> WHAT THE EXERCISE ASKS:
All lines from the one containing "ids ↦ get_next_available" to the end of the entries below must be output exactly, and no other lines.

> RECORDS FOR THE EXERCISE:
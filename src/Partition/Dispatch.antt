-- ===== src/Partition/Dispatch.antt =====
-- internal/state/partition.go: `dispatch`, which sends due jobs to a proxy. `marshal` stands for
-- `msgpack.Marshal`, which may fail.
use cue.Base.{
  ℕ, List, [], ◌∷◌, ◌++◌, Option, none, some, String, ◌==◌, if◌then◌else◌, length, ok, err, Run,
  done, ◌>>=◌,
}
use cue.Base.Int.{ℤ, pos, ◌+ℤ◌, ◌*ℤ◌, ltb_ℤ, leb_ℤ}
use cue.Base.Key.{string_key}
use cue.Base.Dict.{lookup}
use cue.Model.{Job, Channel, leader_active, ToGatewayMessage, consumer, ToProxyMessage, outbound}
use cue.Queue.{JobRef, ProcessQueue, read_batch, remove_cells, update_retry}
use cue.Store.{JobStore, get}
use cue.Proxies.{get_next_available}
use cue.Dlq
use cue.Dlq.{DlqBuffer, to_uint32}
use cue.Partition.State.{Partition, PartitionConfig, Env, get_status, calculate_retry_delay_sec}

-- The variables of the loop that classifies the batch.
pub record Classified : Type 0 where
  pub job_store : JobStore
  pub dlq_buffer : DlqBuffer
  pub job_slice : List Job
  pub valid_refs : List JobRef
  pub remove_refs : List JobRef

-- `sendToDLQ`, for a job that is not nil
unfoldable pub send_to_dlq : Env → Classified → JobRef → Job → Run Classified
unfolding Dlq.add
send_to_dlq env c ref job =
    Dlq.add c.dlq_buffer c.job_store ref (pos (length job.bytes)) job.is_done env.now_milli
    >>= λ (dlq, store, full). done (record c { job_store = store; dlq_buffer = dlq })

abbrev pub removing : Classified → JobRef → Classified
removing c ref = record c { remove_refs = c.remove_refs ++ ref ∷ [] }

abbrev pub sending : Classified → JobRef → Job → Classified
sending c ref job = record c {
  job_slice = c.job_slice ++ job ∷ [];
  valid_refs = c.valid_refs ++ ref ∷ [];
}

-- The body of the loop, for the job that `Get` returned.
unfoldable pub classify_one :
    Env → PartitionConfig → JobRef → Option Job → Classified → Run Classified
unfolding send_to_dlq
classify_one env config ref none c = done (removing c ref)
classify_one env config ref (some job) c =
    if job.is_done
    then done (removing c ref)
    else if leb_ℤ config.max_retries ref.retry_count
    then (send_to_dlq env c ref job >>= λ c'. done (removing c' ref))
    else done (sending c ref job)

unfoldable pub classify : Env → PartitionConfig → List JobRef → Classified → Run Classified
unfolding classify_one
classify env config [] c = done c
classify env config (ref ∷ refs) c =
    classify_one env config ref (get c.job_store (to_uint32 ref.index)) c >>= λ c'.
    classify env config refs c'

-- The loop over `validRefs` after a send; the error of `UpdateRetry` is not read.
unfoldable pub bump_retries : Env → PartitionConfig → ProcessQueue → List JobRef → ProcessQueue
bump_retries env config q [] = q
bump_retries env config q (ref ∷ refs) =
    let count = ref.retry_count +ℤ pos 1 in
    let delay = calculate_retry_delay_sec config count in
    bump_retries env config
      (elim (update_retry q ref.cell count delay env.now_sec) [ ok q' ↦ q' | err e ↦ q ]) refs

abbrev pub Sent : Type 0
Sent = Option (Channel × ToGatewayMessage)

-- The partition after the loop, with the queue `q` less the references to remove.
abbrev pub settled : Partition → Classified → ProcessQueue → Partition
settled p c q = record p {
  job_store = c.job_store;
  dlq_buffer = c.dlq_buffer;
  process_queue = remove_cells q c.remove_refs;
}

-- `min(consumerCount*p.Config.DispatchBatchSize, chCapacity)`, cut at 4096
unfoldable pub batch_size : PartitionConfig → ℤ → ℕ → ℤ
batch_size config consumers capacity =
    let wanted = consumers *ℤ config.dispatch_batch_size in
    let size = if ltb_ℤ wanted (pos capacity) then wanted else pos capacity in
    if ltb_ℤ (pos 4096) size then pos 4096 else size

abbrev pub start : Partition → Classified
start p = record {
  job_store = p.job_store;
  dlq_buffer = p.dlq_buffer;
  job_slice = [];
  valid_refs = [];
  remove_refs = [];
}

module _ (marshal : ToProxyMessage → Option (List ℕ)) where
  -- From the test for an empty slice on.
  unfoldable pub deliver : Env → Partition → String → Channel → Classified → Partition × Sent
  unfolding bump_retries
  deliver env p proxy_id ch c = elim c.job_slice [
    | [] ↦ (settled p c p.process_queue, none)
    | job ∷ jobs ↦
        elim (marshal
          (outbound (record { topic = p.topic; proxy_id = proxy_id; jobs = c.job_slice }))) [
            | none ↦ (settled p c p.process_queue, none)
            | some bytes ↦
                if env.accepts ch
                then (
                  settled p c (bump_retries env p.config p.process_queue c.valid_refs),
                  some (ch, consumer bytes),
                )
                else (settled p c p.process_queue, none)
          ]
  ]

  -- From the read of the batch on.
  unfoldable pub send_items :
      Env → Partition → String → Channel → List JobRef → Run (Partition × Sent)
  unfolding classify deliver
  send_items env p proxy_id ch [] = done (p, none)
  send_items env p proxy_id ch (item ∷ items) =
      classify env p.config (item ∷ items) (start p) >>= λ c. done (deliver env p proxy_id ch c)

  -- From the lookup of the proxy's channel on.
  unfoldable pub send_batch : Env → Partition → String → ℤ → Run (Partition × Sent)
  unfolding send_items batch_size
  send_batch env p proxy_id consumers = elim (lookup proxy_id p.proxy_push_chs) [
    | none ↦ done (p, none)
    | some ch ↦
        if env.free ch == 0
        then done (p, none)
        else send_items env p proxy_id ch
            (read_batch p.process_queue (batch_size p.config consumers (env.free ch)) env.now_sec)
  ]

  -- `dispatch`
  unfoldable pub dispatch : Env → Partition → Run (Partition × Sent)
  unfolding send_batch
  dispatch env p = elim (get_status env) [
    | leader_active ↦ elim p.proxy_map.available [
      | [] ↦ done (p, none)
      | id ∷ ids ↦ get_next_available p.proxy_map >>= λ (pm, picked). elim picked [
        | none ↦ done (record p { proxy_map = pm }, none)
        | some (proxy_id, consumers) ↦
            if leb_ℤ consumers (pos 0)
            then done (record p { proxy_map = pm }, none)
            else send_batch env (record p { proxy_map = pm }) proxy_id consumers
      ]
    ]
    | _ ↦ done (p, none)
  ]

> SOLVED PROBLEM:
      | id ∷ ids ↦ get_next_available p.proxy_map >>= λ (pm, picked). elim picked [
        | none ↦ done (record p { proxy_map = pm }, none)
        | some (proxy_id, consumers) ↦
            if leb_ℤ consumers (pos 0)
            then done (record p { proxy_map = pm }, none)
            else send_batch env (record p { proxy_map = pm }) proxy_id consumers
      ]
    ]
    | _ ↦ done (p, none)
  ]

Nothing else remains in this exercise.